The global collaborative robot market is projected to grow from $175.500 million in 2016, to $3,811.483 million by 2021. Manufacturers need to understand the facts before they jump on the cobot bandwagon, as this investment may not be as low-risk as it first appears.
On robotic automation in general, Jay Baron, CEO of the Centre for Automotive Research said, "Without this automation, our factories would have been obsolete a long time ago. Automation is necessary for safety, quality and productivity." This reflects the strong pressure that companies face to implement technology in order to keep up with, or exceed, the competition.
As more companies are turning to robotic automation to get ahead, now is the time to take stock, assess the application and make informed business decisions. Automating manufacturing processes is a complex issue without a one-size-fits-all solution. Some processes call for cobots, a breed of robots designed to share a workspace with human workers, but some really are more suited to traditional industrial robots.
The term cobot has been coined to represent an unguarded, easy to integrate collection of robots that typically carry out repetitive or unsafe tasks while the human workforce performs higher-value manual tasks up or downstream.
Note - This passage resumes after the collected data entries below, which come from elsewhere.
-- ===== src/Suggestion/Examples.antt =====
-- Tests of the detail page, and its theorems on a concrete page.
use profit_decision_engine.Prelude.{
  String, List, [], ◌∷◌, Option, none, some, true, false, ◌≡◌, ◌↔◌, refl,
}
use profit_decision_engine.Api.{Request, business, inventory, execute_action}
use profit_decision_engine.Suggestion.Feedback.{
  Browser, Failure, business_failure, Outcome, refused, updated,
}
use profit_decision_engine.Suggestion.Page.{
  DetailPage, Event, step, answer, requests, executed, pressed_operation, executing, wrote,
  pressed_review,
}
use profit_decision_engine.Suggestion.Allowed.{Allowed}
use profit_decision_engine.Suggestion.Commands.{step-Allowed}
use profit_decision_engine.Suggestion.Traces.{inputs, answer-inputs, requests-history_mode}
use profit_decision_engine.Suggestion.Repeats.{step-repeat, submission-unavailable}
use profit_decision_engine.Suggestion.Operations.{submission}
use profit_decision_engine.Suggestion.Samples.{page, browser}

-- The operator records the business action with the version that the page shows.
abbrev record_business : Request
record_business = execute_action (λ s. s) "k1" "t1" business 7 "lowered the bid"

abbrev press : Event
press = pressed_operation (executing business true)

step_test : (step browser press page).1 ≡ some record_business
unfolding step profit_decision_engine.Suggestion.Feedback.blank profit_decision_engine.Prelude.trim
step_test = refl

-- An inventory action needs a note, and an operator cannot review.
refusal_tests :
    ((step browser (pressed_operation (executing inventory true)) page).1 ≡ none)
    × ((step browser (pressed_review true) page).1 ≡ none)
unfolding step profit_decision_engine.Suggestion.Feedback.blank profit_decision_engine.Prelude.trim
refusal_tests = (refl, refl)

step-Allowed_example : Allowed browser page record_business
step-Allowed_example = step-Allowed browser page press record_business step_test

abbrev conflict : Failure
conflict = business_failure "version_conflict" none

answer-inputs_example :
    (inputs (answer browser executed (refused conflict) page) ≡ inputs page)
    × ((answer browser executed (refused conflict) page).review_choice ≡ page.review_choice)
    × ((f : Failure)
        → refused conflict ≡ refused f
        → (answer browser executed (refused conflict) page).detail ≡ page.detail)
answer-inputs_example = answer-inputs browser executed (refused conflict) page

abbrev archived : DetailPage
archived = record page { history_mode = true }

requests-history_mode_example :
    requests browser archived (press ∷ wrote "x" ∷ pressed_review true ∷ []) ≡ []
requests-history_mode_example =
    requests-history_mode browser archived (press ∷ wrote "x" ∷ pressed_review true ∷ []) refl

sent_test : requests browser page (wrote "x" ∷ press ∷ press ∷ []) ≡ record_business ∷ []
unfolding requests profit_decision_engine.Suggestion.Feedback.blank
    profit_decision_engine.Prelude.trim
sent_test = refl

step-repeat_example : (step browser press (step browser press page).0).1 ≡ none
step-repeat_example = step-repeat browser page press record_business step_test

submission-unavailable_case :
    (((submission browser page.detail page.operating).sales_value ≡ none)
      ↔ ((submission browser page.detail page.operating).sales_unavailable ≡ true))
    × (((submission browser page.detail page.operating).profit_value ≡ none)
        ↔ ((submission browser page.detail page.operating).profit_unavailable ≡ true))
    × (((submission browser page.detail page.operating).inventory_value ≡ none)
        ↔ ((submission browser page.detail page.operating).inventory_unavailable ≡ true))
submission-unavailable_case = submission-unavailable browser page.detail page.operating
The robotics industry does not acknowledge cobots as a separate entity, but instead defines industrial safety standards for when humans work collaboratively with robots on the same production floor.
This is an important distinction, as new robotics implementers may assume that any cobot is automatically safe for use next to humans, when, in fact, this can only be determined by thorough risk assessment. Some plant managers may be also surprised to discover that they need expensive fencing if risk wasn't appropriately forecasted initially. As a result of risk assessment findings, added safety features can result in very low operating speeds or multiple stops for a cobot. Equally, these necessary safety additions aren't free, adding significantly to integrations costs. Both of these factors have a detrimental impact on return on investment.
Industrial robots are automatically controlled and are programmable in three or more axes, and can automate an extremely broad range of processes unattended. Multiple industrial robots can be integrated for a fully automated production line, meaning they can handle applications that are not conducive to humans at speed, removing operators from unsafe or unclean environments.
Improvements in safety technology are now allowing industrial robots to be used in collaborative operations, providing many of the same benefits that a cobot brings, along with increased speed and accuracy. Of course, this collaboration can only be implemented after the appropriate risk assessment — but that is no different than when choosing a cobot. What many are unaware of is that almost any robot is capable of collaborative operation with the appropriate safety mechanisms in place.
Remember, it's the application that defines the ability for human and machine to collaborate. While vendors are eager to claim the term 'collaborative robots', it isn't all black and white. In February 2016, the technical standard ISO/TS 15066 was published to provide safety guidelines for the use of robots in collaborative applications, including force guidelines, maximum allowable robot power and speed, without discriminating against a certain type of robot.
Similarly, some manufacturers may buy their cobots assuming they will work without caging. However, they may find their risk assessment shows the need for a safety cage or force limiters to keep human workers safe. The additional charge of these safety features would render the total cost of the cobot similar to that of an industrial robot, but without the additional capabilities of speed and accuracy. Suddenly, this initially low-cost, low-risk investment in cobots isn't turning out as planned.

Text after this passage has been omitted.